━━ Source records ━━

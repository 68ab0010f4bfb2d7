-- ===== src/Provisioning/Book/Balance.antt =====
-- The counters of an org are the sums over its allocations and its agents' float.
use casper_agops_server.Prelude.{
  false, ℕ, ◌+◌, Bool, true, Option, none, some, List, [], ◌∷◌, ◌≡◌, refl, inl, inr, arith,
  Bool-cases, Option-cases, ◌⊎◌,
}
use casper_agops_server.Provisioning.Book.{
  Lua, exceeds, Allocation, Book, AllocationParams, DenyReason, Funding, reserve_allocation,
  evaluate_allocation, record_pending, submit_deposit, deposit_for, find_allocation, promote,
  confirm_record, confirm_deposit, cancel_allocation, sweep_record, sweep_all, reclaim,
  teardown_agent, Operation, deposits, confirms, tears_down, operate, run, noop, still_pending,
  confirmed, ConfirmResult,
}
use casper_agops_server.Provisioning.Book.Sums.{
  pending_sum, float_sum, delete-pending_sum, delete-set_confirmed, add_float-float_sum,
  take_float-float_sum,
}

pub record IsBalanced (b : Book) : Type 0 where
  pub reserved_sum : b.reserved ≡ pending_sum b.allocations
  pub committed_sum : b.committed ≡ float_sum b.float_confirmed

-- An allocation either reserves its amount, or is denied and changes nothing.
pub evaluate_cases :
    (lua : Lua) (p : AllocationParams) (b : Book)
    → ((r : DenyReason) × (evaluate_allocation lua p b ≡ (b, some r)))
      ⊎ (exceeds lua p.total_budget b.committed b.reserved p.requested ≡ false)
        × (exceeds lua p.funded_total b.committed b.reserved p.requested ≡ false)
        × (evaluate_allocation lua p b ≡ (record b { reserved = b.reserved + p.requested }, none))
unfolding evaluate_allocation reserve_allocation
evaluate_cases lua p b = elim (Option-cases (evaluate_allocation lua p b).1) [
  | inr (r, e) ↦ inl (r, ground (arith, e))
  | inl e ↦ inr (ground (arith, e), ground (arith, e), ground (arith, e))
]

pub deposit-denied :
    (lua : Lua) (submits : Bool) (funding : Funding) (id : ℕ) (p : AllocationParams) (b : Book)
    (r : DenyReason)
    → evaluate_allocation lua p b ≡ (b, some r)
    → (deposit_for lua submits funding id p b).0 ≡ b
unfolding deposit_for
deposit-denied lua submits funding id p b r e = ground (arith, e)

pub deposit_for-IsBalanced :
    (lua : Lua) (submits : Bool) (funding : Funding) (id : ℕ) (p : AllocationParams) (b : Book)
    → IsBalanced b
    → IsBalanced (deposit_for lua submits funding id p b).0
unfolding deposit_for submit_deposit record_pending pending_sum
deposit_for-IsBalanced lua submits funding id p b c = elim (evaluate_cases lua p b) [
  | inl (r, e) ↦ rw (deposit-denied lua submits funding id p b r e) c
  | inr (within, funds, e) ↦ record {
    reserved_sum = ground (arith, e, c.reserved_sum);
    committed_sum = ground (arith, e, c.committed_sum);
  }
]

confirm_record-IsBalanced :
    (final : Option Bool) (id : ℕ) (o : Option Allocation) (b : Book)
    → find_allocation id b.allocations ≡ o
    → IsBalanced b
    → IsBalanced (confirm_record final id o b).0
unfolding confirm_record promote
confirm_record-IsBalanced final id none b e c = c
confirm_record-IsBalanced final id (some a) b e c = record {
  reserved_sum = ground (
    arith,
    c.reserved_sum,
    delete-pending_sum id a b.allocations e,
    delete-set_confirmed id b.allocations,
  );
  committed_sum =
      ground (arith, c.committed_sum, add_float-float_sum a.agent_id a.amount b.float_confirmed);
}

pub confirm_deposit-IsBalanced :
    (final : Option Bool) (id : ℕ) (b : Book)
    → IsBalanced b
    → IsBalanced (confirm_deposit final id b).0
unfolding confirm_deposit
confirm_deposit-IsBalanced final id b c =
    confirm_record-IsBalanced final id (find_allocation id b.allocations) b refl c

confirm_record-unchanged :
    (final : Option Bool) (id : ℕ) (o : Option Allocation) (b : Book)
    → (confirm_record final id o b).1 ≡ still_pending
    → (confirm_record final id o b).0 ≡ b
unfolding confirm_record
confirm_record-unchanged final id none b e = refl
confirm_record-unchanged final id (some a) b e = ground (arith, e)

pub confirm-unchanged :
    (final : Option Bool) (id : ℕ) (b : Book)
    → (confirm_deposit final id b).1 ≡ still_pending
    → (confirm_deposit final id b).0 ≡ b
unfolding confirm_deposit
confirm-unchanged final id b e =
    confirm_record-unchanged final id (find_allocation id b.allocations) b e

pub cancel-IsBalanced :
    (agent id : ℕ) (a : Allocation) (b : Book)
    → find_allocation id b.allocations ≡ some a
    → a.is_pending ≡ true
    → IsBalanced b
    → IsBalanced (cancel_allocation agent id a.amount b)
unfolding cancel_allocation
cancel-IsBalanced agent id a b e live c = record {
  reserved_sum = ground (arith, live, c.reserved_sum, delete-pending_sum id a b.allocations e);
  committed_sum = c.committed_sum;
}

pub sweep_record-IsBalanced :
    (final : ℕ → Option Bool) (agent id : ℕ) (o : Option Allocation) (b : Book)
    → find_allocation id b.allocations ≡ o
    → IsBalanced b
    → IsBalanced (sweep_record final agent id o b)
unfolding sweep_record
sweep_record-IsBalanced final agent id none b e c = record {
  reserved_sum = c.reserved_sum;
  committed_sum = c.committed_sum;
}
sweep_record-IsBalanced final agent id (some a) b e c = elim (Bool-cases a.is_pending) [
  | inr done ↦
      rw (sweep_record, done)
        (record { reserved_sum = c.reserved_sum; committed_sum = c.committed_sum })
  | inl live ↦ go live (confirm_deposit (final id) id b).1 refl
]
  where
    go :
        a.is_pending ≡ true
        → (r : ConfirmResult) → (confirm_deposit (final id) id b).1 ≡ r
        → IsBalanced (sweep_record final agent id (some a) b)
    go live noop f = rw (sweep_record, live, f) (confirm_deposit-IsBalanced (final id) id b c)
    go live confirmed f = rw (sweep_record, live, f) (confirm_deposit-IsBalanced (final id) id b c)
    go live still_pending f =
        rw (sweep_record, live, f, confirm-unchanged (final id) id b f)
          (cancel-IsBalanced agent id a b e live c)

pub sweep_all-IsBalanced :
    (final : ℕ → Option Bool) (agent : ℕ) (ids : List ℕ) (b : Book)
    → IsBalanced b
    → IsBalanced (sweep_all final agent ids b)
unfolding sweep_all
sweep_all-IsBalanced final agent [] b c = c
sweep_all-IsBalanced final agent (id ∷ ids) b c =
    sweep_all-IsBalanced final agent ids _
      (sweep_record-IsBalanced final agent id (find_allocation id b.allocations) b refl c)

reclaim-IsBalanced :
    (reclaims : Bool) (agent : ℕ) (b : Book)
    → IsBalanced b
    → IsBalanced (reclaim reclaims agent b).0
unfolding reclaim
reclaim-IsBalanced reclaims agent b c = record {
  reserved_sum = ground (arith, c.reserved_sum);
  committed_sum = ground (arith, c.committed_sum, take_float-float_sum agent b.float_confirmed);
}

pub operate-IsBalanced :
    (lua : Lua) (b : Book) (x : Operation) → IsBalanced b → IsBalanced (operate lua b x)
unfolding operate teardown_agent
operate-IsBalanced lua b (deposits submits funding id p) c =
    deposit_for-IsBalanced lua submits funding id p b c
operate-IsBalanced lua b (confirms final id) c = confirm_deposit-IsBalanced final id b c
operate-IsBalanced lua b (tears_down final reclaims agent) c =
    reclaim-IsBalanced reclaims agent (sweep_all final agent (b.pending agent) b)
      (sweep_all-IsBalanced final agent (b.pending agent) b c)

-- Whatever deposits, confirmations and teardowns run, in any order and with any failure of the
-- gateway, the funding or the finality reads, the reserved budget is the sum of the pending
-- allocations and the committed budget is the sum of the agents' confirmed float.
pub run-IsBalanced :
    (lua : Lua) (b : Book) (xs : List Operation) → IsBalanced b → IsBalanced (run lua b xs)
unfolding run
run-IsBalanced lua b [] c = c
run-IsBalanced lua b (x ∷ xs) c =
    run-IsBalanced lua (operate lua b x) xs (operate-IsBalanced lua b x c)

━━━

▶ What this task involves: Return the span of lines in the data above that opens at the line with "pub record IsBalanced" and closes at the line with "confirm_record-IsBalanced final id none", exactly, ends included, nothing else.

▶ Solution:
pub record IsBalanced (b : Book) : Type 0 where
  pub reserved_sum : b.reserved ≡ pending_sum b.allocations
  pub committed_sum : b.committed ≡ float_sum b.float_confirmed

-- An allocation either reserves its amount, or is denied and changes nothing.
pub evaluate_cases :
    (lua : Lua) (p : AllocationParams) (b : Book)
    → ((r : DenyReason) × (evaluate_allocation lua p b ≡ (b, some r)))
      ⊎ (exceeds lua p.total_budget b.committed b.reserved p.requested ≡ false)
        × (exceeds lua p.funded_total b.committed b.reserved p.requested ≡ false)
        × (evaluate_allocation lua p b ≡ (record b { reserved = b.reserved + p.requested }, none))
unfolding evaluate_allocation reserve_allocation
evaluate_cases lua p b = elim (Option-cases (evaluate_allocation lua p b).1) [
  | inr (r, e) ↦ inl (r, ground (arith, e))
  | inl e ↦ inr (ground (arith, e), ground (arith, e), ground (arith, e))
]

pub deposit-denied :
    (lua : Lua) (submits : Bool) (funding : Funding) (id : ℕ) (p : AllocationParams) (b : Book)
    (r : DenyReason)
    → evaluate_allocation lua p b ≡ (b, some r)
    → (deposit_for lua submits funding id p b).0 ≡ b
unfolding deposit_for
deposit-denied lua submits funding id p b r e = ground (arith, e)

pub deposit_for-IsBalanced :
    (lua : Lua) (submits : Bool) (funding : Funding) (id : ℕ) (p : AllocationParams) (b : Book)
    → IsBalanced b
    → IsBalanced (deposit_for lua submits funding id p b).0
unfolding deposit_for submit_deposit record_pending pending_sum
deposit_for-IsBalanced lua submits funding id p b c = elim (evaluate_cases lua p b) [
  | inl (r, e) ↦ rw (deposit-denied lua submits funding id p b r e) c
  | inr (within, funds, e) ↦ record {
    reserved_sum = ground (arith, e, c.reserved_sum);
    committed_sum = ground (arith, e, c.committed_sum);
  }
]

confirm_record-IsBalanced :
    (final : Option Bool) (id : ℕ) (o : Option Allocation) (b : Book)
    → find_allocation id b.allocations ≡ o
    → IsBalanced b
    → IsBalanced (confirm_record final id o b).0
unfolding confirm_record promote
confirm_record-IsBalanced final id none b e c = c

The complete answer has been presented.